» **Data in this exercise**
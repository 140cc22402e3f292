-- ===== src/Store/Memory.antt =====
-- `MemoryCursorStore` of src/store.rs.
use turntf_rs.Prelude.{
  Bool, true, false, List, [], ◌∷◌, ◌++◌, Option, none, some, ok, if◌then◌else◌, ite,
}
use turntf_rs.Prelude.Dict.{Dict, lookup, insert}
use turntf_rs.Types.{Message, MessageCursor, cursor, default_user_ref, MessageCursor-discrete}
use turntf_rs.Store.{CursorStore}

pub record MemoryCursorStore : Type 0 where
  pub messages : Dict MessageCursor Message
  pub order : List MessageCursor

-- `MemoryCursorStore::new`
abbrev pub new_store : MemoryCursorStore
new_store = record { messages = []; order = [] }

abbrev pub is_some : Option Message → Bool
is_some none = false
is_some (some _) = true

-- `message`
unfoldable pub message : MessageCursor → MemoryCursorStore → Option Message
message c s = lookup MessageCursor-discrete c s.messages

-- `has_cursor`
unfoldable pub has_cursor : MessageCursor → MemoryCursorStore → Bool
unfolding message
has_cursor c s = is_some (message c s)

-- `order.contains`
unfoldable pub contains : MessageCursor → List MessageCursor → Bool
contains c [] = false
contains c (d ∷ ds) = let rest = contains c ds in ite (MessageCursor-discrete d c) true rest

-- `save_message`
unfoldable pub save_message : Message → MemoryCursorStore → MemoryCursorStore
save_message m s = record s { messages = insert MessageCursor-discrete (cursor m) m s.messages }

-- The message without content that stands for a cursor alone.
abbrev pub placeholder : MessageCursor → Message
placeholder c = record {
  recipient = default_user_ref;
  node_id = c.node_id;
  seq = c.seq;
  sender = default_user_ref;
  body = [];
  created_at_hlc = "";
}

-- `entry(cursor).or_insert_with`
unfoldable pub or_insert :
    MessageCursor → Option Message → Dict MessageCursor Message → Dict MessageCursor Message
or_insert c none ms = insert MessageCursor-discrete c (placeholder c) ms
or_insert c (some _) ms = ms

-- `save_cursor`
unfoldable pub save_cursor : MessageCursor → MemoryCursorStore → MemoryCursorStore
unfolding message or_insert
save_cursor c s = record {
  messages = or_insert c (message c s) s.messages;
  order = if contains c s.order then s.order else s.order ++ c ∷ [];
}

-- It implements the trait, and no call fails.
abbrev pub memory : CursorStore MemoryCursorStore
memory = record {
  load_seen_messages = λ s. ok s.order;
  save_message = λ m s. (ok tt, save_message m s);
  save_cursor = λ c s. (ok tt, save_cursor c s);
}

» **Work item**
Reproduce exactly every line that sits between the start of the entries and the line bearing "memory = record", counting both of those lines.

» **Result of the exercise**
repository 140cc22402e3f292
-- ===== src/Store/Memory.antt =====
-- `MemoryCursorStore` of src/store.rs.
use turntf_rs.Prelude.{
  Bool, true, false, List, [], ◌∷◌, ◌++◌, Option, none, some, ok, if◌then◌else◌, ite,
}
use turntf_rs.Prelude.Dict.{Dict, lookup, insert}
use turntf_rs.Types.{Message, MessageCursor, cursor, default_user_ref, MessageCursor-discrete}
use turntf_rs.Store.{CursorStore}

pub record MemoryCursorStore : Type 0 where
  pub messages : Dict MessageCursor Message
  pub order : List MessageCursor

-- `MemoryCursorStore::new`
abbrev pub new_store : MemoryCursorStore
new_store = record { messages = []; order = [] }

abbrev pub is_some : Option Message → Bool
is_some none = false
is_some (some _) = true

-- `message`
unfoldable pub message : MessageCursor → MemoryCursorStore → Option Message
message c s = lookup MessageCursor-discrete c s.messages

-- `has_cursor`
unfoldable pub has_cursor : MessageCursor → MemoryCursorStore → Bool
unfolding message
has_cursor c s = is_some (message c s)

-- `order.contains`
unfoldable pub contains : MessageCursor → List MessageCursor → Bool
contains c [] = false
contains c (d ∷ ds) = let rest = contains c ds in ite (MessageCursor-discrete d c) true rest

-- `save_message`
unfoldable pub save_message : Message → MemoryCursorStore → MemoryCursorStore
save_message m s = record s { messages = insert MessageCursor-discrete (cursor m) m s.messages }

-- The message without content that stands for a cursor alone.
abbrev pub placeholder : MessageCursor → Message
placeholder c = record {
  recipient = default_user_ref;
  node_id = c.node_id;
  seq = c.seq;
  sender = default_user_ref;
  body = [];
  created_at_hlc = "";
}

-- `entry(cursor).or_insert_with`
unfoldable pub or_insert :
    MessageCursor → Option Message → Dict MessageCursor Message → Dict MessageCursor Message
or_insert c none ms = insert MessageCursor-discrete c (placeholder c) ms
or_insert c (some _) ms = ms

-- `save_cursor`
unfoldable pub save_cursor : MessageCursor → MemoryCursorStore → MemoryCursorStore
unfolding message or_insert
save_cursor c s = record {
  messages = or_insert c (message c s) s.messages;
  order = if contains c s.order then s.order else s.order ++ c ∷ [];
}

-- It implements the trait, and no call fails.
abbrev pub memory : CursorStore MemoryCursorStore
memory = record {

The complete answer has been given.